Below are the entries; give again exactly the lines from the one mentioning "NumbersAreSourced (s ∷" through the one mentioning "pub not_speculative : All", inclusive.

#### AVAILABLE RECORDS ####

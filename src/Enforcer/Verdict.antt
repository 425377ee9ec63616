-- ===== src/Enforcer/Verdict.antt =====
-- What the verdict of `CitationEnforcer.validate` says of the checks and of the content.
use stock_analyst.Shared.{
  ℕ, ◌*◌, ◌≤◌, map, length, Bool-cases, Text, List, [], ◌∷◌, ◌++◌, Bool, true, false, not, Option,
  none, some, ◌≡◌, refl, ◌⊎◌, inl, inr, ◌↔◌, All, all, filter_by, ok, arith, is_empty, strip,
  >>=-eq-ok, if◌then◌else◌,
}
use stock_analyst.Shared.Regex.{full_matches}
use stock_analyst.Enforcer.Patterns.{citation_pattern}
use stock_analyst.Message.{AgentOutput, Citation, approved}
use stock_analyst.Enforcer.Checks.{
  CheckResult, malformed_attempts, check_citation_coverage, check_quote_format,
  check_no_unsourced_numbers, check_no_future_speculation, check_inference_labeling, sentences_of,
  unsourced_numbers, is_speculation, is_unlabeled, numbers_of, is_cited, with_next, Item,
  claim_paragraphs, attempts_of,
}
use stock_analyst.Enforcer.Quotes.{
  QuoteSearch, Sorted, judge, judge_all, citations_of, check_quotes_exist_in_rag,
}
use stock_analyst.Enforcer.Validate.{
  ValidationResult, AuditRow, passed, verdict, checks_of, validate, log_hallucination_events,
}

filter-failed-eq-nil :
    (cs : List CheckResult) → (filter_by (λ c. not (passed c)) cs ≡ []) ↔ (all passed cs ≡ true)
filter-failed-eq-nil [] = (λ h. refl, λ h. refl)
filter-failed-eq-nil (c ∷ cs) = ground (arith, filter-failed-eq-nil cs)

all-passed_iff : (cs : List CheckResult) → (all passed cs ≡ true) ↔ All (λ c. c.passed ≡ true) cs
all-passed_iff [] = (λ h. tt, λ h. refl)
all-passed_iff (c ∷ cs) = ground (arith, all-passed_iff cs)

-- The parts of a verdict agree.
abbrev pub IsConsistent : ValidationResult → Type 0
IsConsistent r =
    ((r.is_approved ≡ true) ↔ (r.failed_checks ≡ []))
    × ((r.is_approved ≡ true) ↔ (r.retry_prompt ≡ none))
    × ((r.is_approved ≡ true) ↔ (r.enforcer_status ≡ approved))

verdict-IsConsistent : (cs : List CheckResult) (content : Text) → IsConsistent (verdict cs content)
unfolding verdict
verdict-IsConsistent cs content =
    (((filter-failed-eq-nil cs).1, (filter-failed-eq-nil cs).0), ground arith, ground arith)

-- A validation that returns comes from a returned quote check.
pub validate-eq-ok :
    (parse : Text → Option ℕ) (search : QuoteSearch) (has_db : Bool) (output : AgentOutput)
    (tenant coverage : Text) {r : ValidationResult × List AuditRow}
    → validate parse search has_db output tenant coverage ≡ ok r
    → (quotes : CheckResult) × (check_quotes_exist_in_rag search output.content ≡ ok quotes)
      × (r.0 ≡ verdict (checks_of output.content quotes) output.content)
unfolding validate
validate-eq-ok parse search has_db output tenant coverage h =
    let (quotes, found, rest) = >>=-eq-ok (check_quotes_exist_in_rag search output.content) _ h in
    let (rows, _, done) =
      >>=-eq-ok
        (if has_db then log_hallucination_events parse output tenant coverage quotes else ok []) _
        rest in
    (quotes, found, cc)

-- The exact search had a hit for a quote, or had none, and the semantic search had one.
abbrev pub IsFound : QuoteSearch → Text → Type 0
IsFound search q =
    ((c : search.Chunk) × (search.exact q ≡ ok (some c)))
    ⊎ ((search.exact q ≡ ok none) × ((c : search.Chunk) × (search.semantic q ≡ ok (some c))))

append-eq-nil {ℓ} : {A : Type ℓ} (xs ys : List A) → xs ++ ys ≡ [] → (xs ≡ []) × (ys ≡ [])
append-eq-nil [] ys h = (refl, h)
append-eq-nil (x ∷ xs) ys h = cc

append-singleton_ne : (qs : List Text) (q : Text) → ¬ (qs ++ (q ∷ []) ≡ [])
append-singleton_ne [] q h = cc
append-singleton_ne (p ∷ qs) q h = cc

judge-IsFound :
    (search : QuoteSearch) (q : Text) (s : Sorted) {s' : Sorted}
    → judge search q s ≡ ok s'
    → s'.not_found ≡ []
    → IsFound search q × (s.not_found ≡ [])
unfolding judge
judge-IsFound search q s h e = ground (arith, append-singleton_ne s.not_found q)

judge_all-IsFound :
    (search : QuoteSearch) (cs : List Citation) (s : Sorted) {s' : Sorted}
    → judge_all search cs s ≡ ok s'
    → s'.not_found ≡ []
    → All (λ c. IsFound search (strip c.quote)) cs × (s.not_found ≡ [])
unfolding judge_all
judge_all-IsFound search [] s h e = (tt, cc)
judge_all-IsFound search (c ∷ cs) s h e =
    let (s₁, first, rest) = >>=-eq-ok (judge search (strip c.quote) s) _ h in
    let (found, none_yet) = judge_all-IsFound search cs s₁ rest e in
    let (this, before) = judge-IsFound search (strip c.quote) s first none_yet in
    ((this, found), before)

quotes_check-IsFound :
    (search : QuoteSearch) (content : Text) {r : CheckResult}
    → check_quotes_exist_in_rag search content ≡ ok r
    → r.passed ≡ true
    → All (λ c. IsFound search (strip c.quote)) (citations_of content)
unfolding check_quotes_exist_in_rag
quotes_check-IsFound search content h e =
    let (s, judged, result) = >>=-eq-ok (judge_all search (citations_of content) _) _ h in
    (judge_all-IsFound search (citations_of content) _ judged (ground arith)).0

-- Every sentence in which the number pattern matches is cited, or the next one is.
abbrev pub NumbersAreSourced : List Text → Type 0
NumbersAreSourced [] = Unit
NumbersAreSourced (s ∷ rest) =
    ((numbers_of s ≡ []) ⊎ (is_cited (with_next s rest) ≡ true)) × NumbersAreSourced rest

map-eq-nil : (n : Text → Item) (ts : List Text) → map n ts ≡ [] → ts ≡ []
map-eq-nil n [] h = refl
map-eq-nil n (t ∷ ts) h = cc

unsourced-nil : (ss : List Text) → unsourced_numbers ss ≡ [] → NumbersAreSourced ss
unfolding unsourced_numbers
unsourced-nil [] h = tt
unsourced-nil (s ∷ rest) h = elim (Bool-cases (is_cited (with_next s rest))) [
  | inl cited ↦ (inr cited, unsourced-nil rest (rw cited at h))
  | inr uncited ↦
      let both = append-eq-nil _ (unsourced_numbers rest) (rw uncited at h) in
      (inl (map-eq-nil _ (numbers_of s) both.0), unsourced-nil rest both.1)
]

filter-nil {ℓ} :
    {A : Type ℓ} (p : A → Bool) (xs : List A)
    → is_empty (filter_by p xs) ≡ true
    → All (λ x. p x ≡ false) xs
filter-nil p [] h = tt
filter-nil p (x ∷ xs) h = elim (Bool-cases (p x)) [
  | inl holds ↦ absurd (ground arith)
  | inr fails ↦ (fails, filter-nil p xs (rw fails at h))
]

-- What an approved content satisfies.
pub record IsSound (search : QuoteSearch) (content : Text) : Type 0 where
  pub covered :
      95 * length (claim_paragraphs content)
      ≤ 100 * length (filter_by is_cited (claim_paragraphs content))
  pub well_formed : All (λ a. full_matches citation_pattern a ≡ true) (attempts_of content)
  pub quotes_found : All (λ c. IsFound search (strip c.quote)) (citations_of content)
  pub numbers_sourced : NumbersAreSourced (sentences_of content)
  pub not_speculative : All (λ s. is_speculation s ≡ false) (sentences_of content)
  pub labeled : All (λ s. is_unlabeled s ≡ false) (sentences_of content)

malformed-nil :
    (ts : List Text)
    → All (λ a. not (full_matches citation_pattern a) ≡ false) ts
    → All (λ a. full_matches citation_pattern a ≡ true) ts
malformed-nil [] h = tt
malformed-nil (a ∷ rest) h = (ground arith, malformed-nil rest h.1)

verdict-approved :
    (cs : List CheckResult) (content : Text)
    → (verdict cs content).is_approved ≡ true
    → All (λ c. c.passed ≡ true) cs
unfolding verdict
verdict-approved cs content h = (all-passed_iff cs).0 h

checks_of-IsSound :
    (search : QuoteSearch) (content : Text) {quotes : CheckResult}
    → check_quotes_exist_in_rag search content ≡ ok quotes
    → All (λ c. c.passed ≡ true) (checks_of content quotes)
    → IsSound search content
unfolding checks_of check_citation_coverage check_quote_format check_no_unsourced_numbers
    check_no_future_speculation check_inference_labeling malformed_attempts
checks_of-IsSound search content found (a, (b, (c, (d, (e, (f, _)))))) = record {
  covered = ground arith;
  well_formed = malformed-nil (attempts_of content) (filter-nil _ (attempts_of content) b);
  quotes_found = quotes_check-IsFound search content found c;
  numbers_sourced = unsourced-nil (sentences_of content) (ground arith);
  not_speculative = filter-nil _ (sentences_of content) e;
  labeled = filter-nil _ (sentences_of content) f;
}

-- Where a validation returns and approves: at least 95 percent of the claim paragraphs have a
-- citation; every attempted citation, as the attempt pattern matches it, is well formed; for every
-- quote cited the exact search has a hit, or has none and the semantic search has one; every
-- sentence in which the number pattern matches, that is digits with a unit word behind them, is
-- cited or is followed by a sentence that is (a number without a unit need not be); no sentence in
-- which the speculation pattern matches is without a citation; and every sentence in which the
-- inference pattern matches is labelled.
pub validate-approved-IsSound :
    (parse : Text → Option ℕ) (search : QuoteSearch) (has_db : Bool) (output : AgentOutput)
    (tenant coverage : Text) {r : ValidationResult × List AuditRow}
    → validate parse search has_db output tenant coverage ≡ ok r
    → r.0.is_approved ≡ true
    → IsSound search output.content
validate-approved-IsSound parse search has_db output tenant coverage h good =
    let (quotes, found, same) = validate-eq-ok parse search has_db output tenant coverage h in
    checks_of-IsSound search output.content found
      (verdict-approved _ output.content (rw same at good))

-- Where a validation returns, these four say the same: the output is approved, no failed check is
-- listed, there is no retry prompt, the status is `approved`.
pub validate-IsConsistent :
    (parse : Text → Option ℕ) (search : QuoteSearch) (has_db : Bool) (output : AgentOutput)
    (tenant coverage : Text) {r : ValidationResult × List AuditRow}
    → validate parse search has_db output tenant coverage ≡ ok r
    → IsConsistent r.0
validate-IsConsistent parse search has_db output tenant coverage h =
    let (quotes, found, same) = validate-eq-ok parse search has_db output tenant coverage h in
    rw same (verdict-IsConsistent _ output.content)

####
#### AVAILABLE RECORDS ####

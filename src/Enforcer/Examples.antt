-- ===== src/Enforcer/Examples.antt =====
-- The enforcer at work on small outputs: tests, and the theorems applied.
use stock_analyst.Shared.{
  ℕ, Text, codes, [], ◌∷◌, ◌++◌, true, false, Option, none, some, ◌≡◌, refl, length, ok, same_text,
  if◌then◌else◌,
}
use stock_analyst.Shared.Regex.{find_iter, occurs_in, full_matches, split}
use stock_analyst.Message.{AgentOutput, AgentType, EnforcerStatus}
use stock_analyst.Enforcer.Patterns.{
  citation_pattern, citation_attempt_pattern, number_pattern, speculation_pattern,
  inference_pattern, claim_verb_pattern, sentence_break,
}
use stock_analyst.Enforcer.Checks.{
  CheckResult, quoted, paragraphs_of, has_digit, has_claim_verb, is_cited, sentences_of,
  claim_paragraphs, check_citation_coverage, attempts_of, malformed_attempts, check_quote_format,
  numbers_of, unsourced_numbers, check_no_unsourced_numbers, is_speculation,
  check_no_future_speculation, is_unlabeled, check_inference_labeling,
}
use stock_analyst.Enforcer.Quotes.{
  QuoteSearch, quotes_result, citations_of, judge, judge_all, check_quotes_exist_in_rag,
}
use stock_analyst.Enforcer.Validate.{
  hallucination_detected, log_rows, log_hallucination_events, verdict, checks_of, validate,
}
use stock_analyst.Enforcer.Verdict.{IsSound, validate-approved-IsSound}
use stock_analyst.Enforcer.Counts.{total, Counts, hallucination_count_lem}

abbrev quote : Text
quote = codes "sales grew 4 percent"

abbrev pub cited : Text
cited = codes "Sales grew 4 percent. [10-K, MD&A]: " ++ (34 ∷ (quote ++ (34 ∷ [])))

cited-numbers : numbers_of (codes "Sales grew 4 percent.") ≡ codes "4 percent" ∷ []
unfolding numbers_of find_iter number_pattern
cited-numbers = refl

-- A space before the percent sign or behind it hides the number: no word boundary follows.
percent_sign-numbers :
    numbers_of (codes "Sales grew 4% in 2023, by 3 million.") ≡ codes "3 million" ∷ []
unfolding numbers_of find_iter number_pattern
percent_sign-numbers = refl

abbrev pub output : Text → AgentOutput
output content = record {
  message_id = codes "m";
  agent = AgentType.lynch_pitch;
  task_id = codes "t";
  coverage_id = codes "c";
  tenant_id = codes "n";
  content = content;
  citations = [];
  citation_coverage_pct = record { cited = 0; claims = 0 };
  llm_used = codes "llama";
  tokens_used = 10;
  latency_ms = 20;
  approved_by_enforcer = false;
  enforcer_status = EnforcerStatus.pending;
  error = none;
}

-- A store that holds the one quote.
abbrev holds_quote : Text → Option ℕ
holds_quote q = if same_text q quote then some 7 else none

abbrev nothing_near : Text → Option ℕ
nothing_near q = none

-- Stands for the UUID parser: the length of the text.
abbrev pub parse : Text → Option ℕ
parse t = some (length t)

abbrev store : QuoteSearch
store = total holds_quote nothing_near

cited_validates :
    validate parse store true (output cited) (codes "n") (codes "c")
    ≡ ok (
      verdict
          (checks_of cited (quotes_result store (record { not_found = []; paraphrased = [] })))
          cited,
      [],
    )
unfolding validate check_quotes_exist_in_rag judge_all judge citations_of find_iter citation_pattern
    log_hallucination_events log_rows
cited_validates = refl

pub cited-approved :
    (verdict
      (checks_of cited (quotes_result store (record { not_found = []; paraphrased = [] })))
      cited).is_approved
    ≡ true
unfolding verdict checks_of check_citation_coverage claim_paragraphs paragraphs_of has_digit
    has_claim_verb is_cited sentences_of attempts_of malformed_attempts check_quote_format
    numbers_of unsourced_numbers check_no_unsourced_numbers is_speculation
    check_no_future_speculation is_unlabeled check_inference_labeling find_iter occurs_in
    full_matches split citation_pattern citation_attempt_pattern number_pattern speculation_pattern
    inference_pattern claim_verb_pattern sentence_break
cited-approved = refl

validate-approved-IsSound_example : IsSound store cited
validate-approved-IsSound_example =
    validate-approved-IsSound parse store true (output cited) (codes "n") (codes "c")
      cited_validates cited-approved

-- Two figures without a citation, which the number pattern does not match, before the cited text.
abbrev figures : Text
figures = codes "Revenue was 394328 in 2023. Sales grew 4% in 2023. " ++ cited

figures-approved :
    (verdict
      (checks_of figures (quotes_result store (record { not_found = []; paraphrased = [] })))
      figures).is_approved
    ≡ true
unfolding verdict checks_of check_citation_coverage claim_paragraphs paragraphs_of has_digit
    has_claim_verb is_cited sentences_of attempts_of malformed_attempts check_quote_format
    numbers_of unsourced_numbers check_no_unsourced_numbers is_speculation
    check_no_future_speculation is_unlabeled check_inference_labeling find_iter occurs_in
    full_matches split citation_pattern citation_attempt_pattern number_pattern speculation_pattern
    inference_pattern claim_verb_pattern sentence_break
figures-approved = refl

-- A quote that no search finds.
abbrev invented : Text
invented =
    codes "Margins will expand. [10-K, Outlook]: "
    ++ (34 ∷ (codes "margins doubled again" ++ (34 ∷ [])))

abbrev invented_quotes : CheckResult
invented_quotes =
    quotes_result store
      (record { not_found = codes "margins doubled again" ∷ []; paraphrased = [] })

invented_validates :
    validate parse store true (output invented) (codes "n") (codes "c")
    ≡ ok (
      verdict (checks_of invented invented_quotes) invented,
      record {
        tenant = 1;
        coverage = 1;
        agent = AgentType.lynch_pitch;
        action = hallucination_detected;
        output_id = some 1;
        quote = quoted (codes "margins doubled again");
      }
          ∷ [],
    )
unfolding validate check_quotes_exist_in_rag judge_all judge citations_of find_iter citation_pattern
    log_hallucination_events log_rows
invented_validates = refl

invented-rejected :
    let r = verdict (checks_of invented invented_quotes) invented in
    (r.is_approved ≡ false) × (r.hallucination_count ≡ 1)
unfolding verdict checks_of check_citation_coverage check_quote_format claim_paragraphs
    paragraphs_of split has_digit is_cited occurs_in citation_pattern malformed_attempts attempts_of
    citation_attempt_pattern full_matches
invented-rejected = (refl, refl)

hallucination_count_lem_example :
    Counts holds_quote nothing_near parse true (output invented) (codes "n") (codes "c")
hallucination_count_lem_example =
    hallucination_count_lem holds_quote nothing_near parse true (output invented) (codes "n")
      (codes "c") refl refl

####
#### AVAILABLE RECORDS ####

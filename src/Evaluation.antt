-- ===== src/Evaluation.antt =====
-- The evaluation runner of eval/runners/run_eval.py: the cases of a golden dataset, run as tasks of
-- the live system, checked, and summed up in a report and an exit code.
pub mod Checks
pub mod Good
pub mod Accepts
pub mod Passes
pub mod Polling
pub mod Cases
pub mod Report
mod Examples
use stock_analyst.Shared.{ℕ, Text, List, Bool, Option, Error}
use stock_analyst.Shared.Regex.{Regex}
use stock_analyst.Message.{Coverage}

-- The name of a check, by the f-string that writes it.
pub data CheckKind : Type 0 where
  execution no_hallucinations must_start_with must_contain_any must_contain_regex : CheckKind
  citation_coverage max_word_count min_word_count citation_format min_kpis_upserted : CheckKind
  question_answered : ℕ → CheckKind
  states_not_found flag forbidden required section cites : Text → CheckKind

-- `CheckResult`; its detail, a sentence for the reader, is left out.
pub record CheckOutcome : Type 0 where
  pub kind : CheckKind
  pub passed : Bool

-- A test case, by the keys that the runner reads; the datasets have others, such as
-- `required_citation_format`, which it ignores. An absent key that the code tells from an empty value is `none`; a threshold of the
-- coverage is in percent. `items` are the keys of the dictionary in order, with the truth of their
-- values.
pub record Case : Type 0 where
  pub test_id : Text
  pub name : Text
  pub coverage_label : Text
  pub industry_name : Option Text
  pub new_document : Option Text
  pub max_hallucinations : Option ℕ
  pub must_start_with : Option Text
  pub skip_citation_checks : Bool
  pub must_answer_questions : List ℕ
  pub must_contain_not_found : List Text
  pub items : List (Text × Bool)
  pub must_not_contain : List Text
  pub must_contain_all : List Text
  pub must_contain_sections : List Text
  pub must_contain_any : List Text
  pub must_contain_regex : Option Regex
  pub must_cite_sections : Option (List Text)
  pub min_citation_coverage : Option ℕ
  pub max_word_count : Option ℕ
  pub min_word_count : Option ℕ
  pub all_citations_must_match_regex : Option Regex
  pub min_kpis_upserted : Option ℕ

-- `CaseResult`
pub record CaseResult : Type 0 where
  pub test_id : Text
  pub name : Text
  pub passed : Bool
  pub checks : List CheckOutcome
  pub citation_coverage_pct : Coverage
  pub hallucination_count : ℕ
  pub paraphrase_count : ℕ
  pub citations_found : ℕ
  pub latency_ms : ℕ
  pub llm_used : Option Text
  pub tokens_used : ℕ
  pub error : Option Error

####

§ TASK SOLUTION
NumbersAreSourced (s ∷ rest) =
    ((numbers_of s ≡ []) ⊎ (is_cited (with_next s rest) ≡ true)) × NumbersAreSourced rest

map-eq-nil : (n : Text → Item) (ts : List Text) → map n ts ≡ [] → ts ≡ []
map-eq-nil n [] h = refl
map-eq-nil n (t ∷ ts) h = cc

unsourced-nil : (ss : List Text) → unsourced_numbers ss ≡ [] → NumbersAreSourced ss
unfolding unsourced_numbers
unsourced-nil [] h = tt
unsourced-nil (s ∷ rest) h = elim (Bool-cases (is_cited (with_next s rest))) [
  | inl cited ↦ (inr cited, unsourced-nil rest (rw cited at h))
  | inr uncited ↦
      let both = append-eq-nil _ (unsourced_numbers rest) (rw uncited at h) in
      (inl (map-eq-nil _ (numbers_of s) both.0), unsourced-nil rest both.1)
]

filter-nil {ℓ} :
    {A : Type ℓ} (p : A → Bool) (xs : List A)
    → is_empty (filter_by p xs) ≡ true
    → All (λ x. p x ≡ false) xs
filter-nil p [] h = tt
filter-nil p (x ∷ xs) h = elim (Bool-cases (p x)) [
  | inl holds ↦ absurd (ground arith)
  | inr fails ↦ (fails, filter-nil p xs (rw fails at h))
]

-- What an approved content satisfies.
pub record IsSound (search : QuoteSearch) (content : Text) : Type 0 where
  pub covered :
      95 * length (claim_paragraphs content)
      ≤ 100 * length (filter_by is_cited (claim_paragraphs content))
  pub well_formed : All (λ a. full_matches citation_pattern a ≡ true) (attempts_of content)
  pub quotes_found : All (λ c. IsFound search (strip c.quote)) (citations_of content)
  pub numbers_sourced : NumbersAreSourced (sentences_of content)
  pub not_speculative : All (λ s. is_speculation s ≡ false) (sentences_of content)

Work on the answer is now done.